EXERCISE ▸ The output should match the data below line for line.
------ INPUT
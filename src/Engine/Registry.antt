-- ===== src/Engine/Registry.antt =====
-- src/ioproxy/Engine.cpp: the registry of factories.
pub mod Spec
pub mod Ids
use ioproxy.Base.{
  String, Option, none, some, List, [], ◌∷◌, if◌then◌else◌, Expected, ok, err, ◌>>=◌,
  null_parameter, already_registered, not_registered,
}
use ioproxy.Base.Maps.{lookup, insert, contains}
use ioproxy.Factory.Builtin.{
  Kind, byte_generator, serial_port, std_out, tcp_socket, tcp_server, udp_socket, web_socket,
  web_socket_server, get_id,
}

-- `QMap<QString, IOFactoryBase*>`
abbrev pub Factories : Type 0 → Type 0
Factories F = List (String × F)

module _ {F : Type 0} (id_of : F → String) where
  -- `none` is the null pointer.
  unfoldable pub register_io_factory : Option F → Factories F → Expected (Factories F)
  unfolding contains insert
  register_io_factory none m = err null_parameter
  register_io_factory (some f) m =
      if contains (id_of f) m then err (already_registered (id_of f)) else ok (insert (id_of f) f m)

  unfoldable pub find_factory_by_id : Factories F → String → Expected F
  unfolding lookup
  find_factory_by_id m id = elim (lookup id m) [ none ↦ err (not_registered id) | some f ↦ ok f ]

  unfoldable pub register_all : List F → Factories F → Expected (Factories F)
  unfolding register_io_factory
  register_all [] m = ok m
  register_all (f ∷ fs) m = register_io_factory (some f) m >>= register_all fs

-- The factories that `registerBuiltIn` makes, in its order.
abbrev pub built_in : List Kind
built_in =
    byte_generator ∷ serial_port ∷ std_out ∷ tcp_socket ∷ tcp_server ∷ udp_socket ∷ web_socket
    ∷ web_socket_server ∷ []

unfoldable pub register_built_in : Factories Kind → Expected (Factories Kind)
unfolding register_all get_id
register_built_in m = register_all get_id built_in m
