-- ===== src/Engine/Lookup.antt =====
-- src/ioproxy/Engine.cpp, `getIOHandler`: the first handler whose name is the same up to case.
pub mod Spec
use ioproxy.Base.{
  ℕ, ◌+◌, String, Bool, List, [], ◌∷◌, str_eq, if◌then◌else◌, Expected, ok, err, cannot_find_io,
}
use ioproxy.Handler.{Handler}

-- `compare(id, Qt::CaseInsensitive) == 0` compares what Qt's case folding makes of the two texts.
abbrev pub same_id : (String → String) → String → String → Bool
same_id fold_case a b = str_eq (fold_case a) (fold_case b)

module _ {S : Type 0} (fold_case : String → String) where
  unfoldable pub find_from : ℕ → List (Handler S) → String → Expected ℕ
  find_from i [] id = err (cannot_find_io id)
  find_from i (h ∷ hs) id =
      let rest = find_from (i + 1) hs id in
      if same_id fold_case h.unique_name id then ok i else rest

  -- The position of the handler in the list.
  unfoldable pub get_io_handler : List (Handler S) → String → Expected ℕ
  unfolding find_from
  get_io_handler hs id = find_from 0 hs id
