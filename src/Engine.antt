-- ===== src/Engine.antt =====
-- src/ioproxy/Engine.hpp and Engine.cpp.
pub mod Signals
pub mod Positions
pub mod Delivery
pub mod Ending
pub mod Routing
pub mod Rule
pub mod Kept
pub mod Lifecycle
pub mod Steps
pub mod Restart
pub mod Total
pub mod Names
pub mod Connecting
pub mod Circle
pub mod Registry
pub mod Lookup
use Signals.{Link, emit, at}
use ioproxy.Base.{
  ℕ, zero, suc, ◌+◌, String, Bool, true, false, Option, none, some, List, [], ◌∷◌, ◌++◌, length,
  get_elem?, if◌then◌else◌, Expected, ok, ◌>>=◌,
}
use ioproxy.Io.{Io}
use ioproxy.Handler.{Handler, new_handler, connect_status, disconnect}
use Registry.{Factories}
use Lookup.{get_io_handler}

pub record Engine (F S : Type 0) : Type 0 where
  pub io_factories : Factories F
  pub handlers : List (Handler S)
  -- The connections that `addConnection` makes, by the positions of the two handlers.
  pub links : List Link
  pub started : Bool

pub record Statistic : Type 0 where
  pub bytes_read : ℕ
  pub bytes_written : ℕ

-- The constructor.
abbrev pub empty_engine : {F S : Type 0} → Engine F S
empty_engine = record { io_factories = []; handlers = []; links = []; started = false }

module _ {F S : Type 0} (fold_case : String → String) where
  unfoldable pub add_connection : Engine F S → String → String → Expected (Engine F S)
  unfolding get_io_handler
  add_connection e src dst = do
    s ← get_io_handler fold_case e.handlers src
    d ← get_io_handler fold_case e.handlers dst
    ok (record e { links = e.links ++ ((s, d) ∷ []) })

module _ {S : Type 0} where
  sum_up : List (Handler S) → Statistic → Statistic
  sum_up [] sum = sum
  sum_up (h ∷ hs) sum = sum_up hs (record {
    bytes_read = sum.bytes_read + h.bytes_read;
    bytes_written = sum.bytes_written + h.bytes_written;
  })

  unfoldable pub statistic_summary : {F : Type 0} → Engine F S → Statistic
  unfolding sum_up
  statistic_summary e = sum_up e.handlers (record { bytes_read = 0; bytes_written = 0 })

module _ {S : Type 0} where
  -- `for (const auto& handler : m_handlers)`, from a position on.
  unfoldable pub each :
      (ℕ → List (Handler S) → Option (List (Handler S)))
      → ℕ
      → ℕ
      → List (Handler S)
      → Option (List (Handler S))
  each f zero i hs = some hs
  each f (suc n) i hs = elim (f i hs) [ none ↦ none | some hs' ↦ each f n (i + 1) hs' ]

module _ {S : Type 0} (io : Io S) (fuel : ℕ) (links : List Link) where
  -- `Handler::start` of the handler at a position.
  unfoldable pub handler_start : ℕ → List (Handler S) → Option (List (Handler S))
  handler_start i hs = elim (get_elem? hs i) [
    | none ↦ some hs
    | some h ↦
        let (s, signals) = io.start h.io in
        emit io fuel links i signals (at i (λ g. record (connect_status g) { io = s }) hs)
  ]

  -- `Handler::stop`: the signals of the IO's `stop` still arrive, then all connections are gone.
  unfoldable pub handler_stop : ℕ → List (Handler S) → Option (List (Handler S))
  handler_stop i hs = elim (get_elem? hs i) [
    | none ↦ some hs
    | some h ↦
        let (s, signals) = io.stop h.io in
        elim (emit io fuel links i signals (at i (λ g. record g { io = s }) hs)) [
          | none ↦ none
          | some hs' ↦ some (at i disconnect hs')
        ]
  ]

module _ {F S : Type 0} where
  abbrev pub with_handlers : Engine F S → Bool → Option (List (Handler S)) → Option (Engine F S)
  with_handlers e s none = none
  with_handlers e s (some hs) = some (record e { handlers = hs; started = s })

module _ {F S : Type 0} (io : Io S) (fuel : ℕ) where
  unfoldable pub start : Engine F S → Option (Engine F S)
  unfolding each handler_start
  start e =
      if e.started
      then some e
      else with_handlers e true
          (each (handler_start io fuel e.links) (length e.handlers) 0 e.handlers)

  unfoldable pub stop : Engine F S → Option (Engine F S)
  unfolding each handler_stop
  stop e =
      with_handlers e false (each (handler_stop io fuel e.links) (length e.handlers) 0 e.handlers)

  -- The new handler starts before it is in the list, so it has no connections to others yet.
  unfoldable pub add_io : String → S → Engine F S → Option (Engine F S)
  unfolding handler_start new_handler
  add_io name s e =
      let fresh : List (Handler S) = new_handler name s ∷ [] in
      if e.started
      then elim (handler_start io fuel [] 0 fresh) [
        | none ↦ none
        | some hs ↦ some (record e { handlers = e.handlers ++ hs })
      ]
      else some (record e { handlers = e.handlers ++ fresh })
------------
SOLUTION TO THE PROBLEM ▸
filename src/Engine/Registry.antt
-- ===== src/Engine/Registry.antt =====
-- src/ioproxy/Engine.cpp: the registry of factories.
pub mod Spec
pub mod Ids
use ioproxy.Base.{
  String, Option, none, some, List, [], ◌∷◌, if◌then◌else◌, Expected, ok, err, ◌>>=◌,
  null_parameter, already_registered, not_registered,
}
use ioproxy.Base.Maps.{lookup, insert, contains}
use ioproxy.Factory.Builtin.{
  Kind, byte_generator, serial_port, std_out, tcp_socket, tcp_server, udp_socket, web_socket,
  web_socket_server, get_id,
}

-- `QMap<QString, IOFactoryBase*>`
abbrev pub Factories : Type 0 → Type 0
Factories F = List (String × F)

module _ {F : Type 0} (id_of : F → String) where
  -- `none` is the null pointer.
  unfoldable pub register_io_factory : Option F → Factories F → Expected (Factories F)
  unfolding contains insert
  register_io_factory none m = err null_parameter
  register_io_factory (some f) m =
      if contains (id_of f) m then err (already_registered (id_of f)) else ok (insert (id_of f) f m)

  unfoldable pub find_factory_by_id : Factories F → String → Expected F
  unfolding lookup
  find_factory_by_id m id = elim (lookup id m) [ none ↦ err (not_registered id) | some f ↦ ok f ]

  unfoldable pub register_all : List F → Factories F → Expected (Factories F)
  unfolding register_io_factory
  register_all [] m = ok m
  register_all (f ∷ fs) m = register_io_factory (some f) m >>= register_all fs

-- The factories that `registerBuiltIn` makes, in its order.
abbrev pub built_in : List Kind
built_in =
    byte_generator ∷ serial_port ∷ std_out ∷ tcp_socket ∷ tcp_server ∷ udp_socket ∷ web_socket
    ∷ web_socket_server ∷ []

unfoldable pub register_built_in : Factories Kind → Expected (Factories Kind)
unfolding register_all get_id
register_built_in m = register_all get_id built_in m
-- ===== src/Engine/Lookup.antt =====
-- src/ioproxy/Engine.cpp, `getIOHandler`: the first handler whose name is the same up to case.
pub mod Spec
use ioproxy.Base.{
  ℕ, ◌+◌, String, Bool, List, [], ◌∷◌, str_eq, if◌then◌else◌, Expected, ok, err, cannot_find_io,
}
use ioproxy.Handler.{Handler}

-- `compare(id, Qt::CaseInsensitive) == 0` compares what Qt's case folding makes of the two texts.
abbrev pub same_id : (String → String) → String → String → Bool
same_id fold_case a b = str_eq (fold_case a) (fold_case b)

module _ {S : Type 0} (fold_case : String → String) where
  unfoldable pub find_from : ℕ → List (Handler S) → String → Expected ℕ
  find_from i [] id = err (cannot_find_io id)
  find_from i (h ∷ hs) id =
      let rest = find_from (i + 1) hs id in
      if same_id fold_case h.unique_name id then ok i else rest

  -- The position of the handler in the list.
  unfoldable pub get_io_handler : List (Handler S) → String → Expected ℕ
  unfolding find_from
  get_io_handler hs id = find_from 0 hs id
filename src/Engine.antt
-- ===== src/Engine.antt =====
-- src/ioproxy/Engine.hpp and Engine.cpp.
pub mod Signals
pub mod Positions
pub mod Delivery
pub mod Ending
pub mod Routing
pub mod Rule
pub mod Kept
pub mod Lifecycle
pub mod Steps
pub mod Restart
pub mod Total
pub mod Names
pub mod Connecting
pub mod Circle
pub mod Registry
pub mod Lookup
use Signals.{Link, emit, at}
use ioproxy.Base.{
  ℕ, zero, suc, ◌+◌, String, Bool, true, false, Option, none, some, List, [], ◌∷◌, ◌++◌, length,
  get_elem?, if◌then◌else◌, Expected, ok, ◌>>=◌,
}
use ioproxy.Io.{Io}
use ioproxy.Handler.{Handler, new_handler, connect_status, disconnect}
use Registry.{Factories}
use Lookup.{get_io_handler}

pub record Engine (F S : Type 0) : Type 0 where
  pub io_factories : Factories F
  pub handlers : List (Handler S)
  -- The connections that `addConnection` makes, by the positions of the two handlers.
  pub links : List Link
  pub started : Bool

pub record Statistic : Type 0 where
  pub bytes_read : ℕ
  pub bytes_written : ℕ

-- The constructor.
abbrev pub empty_engine : {F S : Type 0} → Engine F S
empty_engine = record { io_factories = []; handlers = []; links = []; started = false }

module _ {F S : Type 0} (fold_case : String → String) where
  unfoldable pub add_connection : Engine F S → String → String → Expected (Engine F S)
  unfolding get_io_handler
  add_connection e src dst = do
    s ← get_io_handler fold_case e.handlers src
    d ← get_io_handler fold_case e.handlers dst
    ok (record e { links = e.links ++ ((s, d) ∷ []) })

module _ {S : Type 0} where
  sum_up : List (Handler S) → Statistic → Statistic
  sum_up [] sum = sum
  sum_up (h ∷ hs) sum = sum_up hs (record {
    bytes_read = sum.bytes_read + h.bytes_read;
    bytes_written = sum.bytes_written + h.bytes_written;
  })

  unfoldable pub statistic_summary : {F : Type 0} → Engine F S → Statistic
  unfolding sum_up
  statistic_summary e = sum_up e.handlers (record { bytes_read = 0; bytes_written = 0 })

module _ {S : Type 0} where
  -- `for (const auto& handler : m_handlers)`, from a position on.
  unfoldable pub each :
      (ℕ → List (Handler S) → Option (List (Handler S)))
      → ℕ
      → ℕ
      → List (Handler S)
      → Option (List (Handler S))
  each f zero i hs = some hs
  each f (suc n) i hs = elim (f i hs) [ none ↦ none | some hs' ↦ each f n (i + 1) hs' ]

module _ {S : Type 0} (io : Io S) (fuel : ℕ) (links : List Link) where
  -- `Handler::start` of the handler at a position.
  unfoldable pub handler_start : ℕ → List (Handler S) → Option (List (Handler S))
  handler_start i hs = elim (get_elem? hs i) [
    | none ↦ some hs
    | some h ↦
        let (s, signals) = io.start h.io in
        emit io fuel links i signals (at i (λ g. record (connect_status g) { io = s }) hs)
  ]

  -- `Handler::stop`: the signals of the IO's `stop` still arrive, then all connections are gone.
  unfoldable pub handler_stop : ℕ → List (Handler S) → Option (List (Handler S))
  handler_stop i hs = elim (get_elem? hs i) [
    | none ↦ some hs
    | some h ↦
        let (s, signals) = io.stop h.io in
        elim (emit io fuel links i signals (at i (λ g. record g { io = s }) hs)) [
          | none ↦ none
          | some hs' ↦ some (at i disconnect hs')
        ]
  ]

module _ {F S : Type 0} where
  abbrev pub with_handlers : Engine F S → Bool → Option (List (Handler S)) → Option (Engine F S)
  with_handlers e s none = none
  with_handlers e s (some hs) = some (record e { handlers = hs; started = s })

module _ {F S : Type 0} (io : Io S) (fuel : ℕ) where
  unfoldable pub start : Engine F S → Option (Engine F S)
  unfolding each handler_start
  start e =
      if e.started
      then some e
      else with_handlers e true
          (each (handler_start io fuel e.links) (length e.handlers) 0 e.handlers)

  unfoldable pub stop : Engine F S → Option (Engine F S)
  unfolding each handler_stop
  stop e =
      with_handlers e false (each (handler_stop io fuel e.links) (length e.handlers) 0 e.handlers)

  -- The new handler starts before it is in the list, so it has no connections to others yet.
  unfoldable pub add_io : String → S → Engine F S → Option (Engine F S)
  unfolding handler_start new_handler
  add_io name s e =
      let fresh : List (Handler S) = new_handler name s ∷ [] in
      if e.started
      then elim (handler_start io fuel [] 0 fresh) [
        | none ↦ none
        | some hs ↦ some (record e { handlers = e.handlers ++ hs })
      ]
      else some (record e { handlers = e.handlers ++ fresh })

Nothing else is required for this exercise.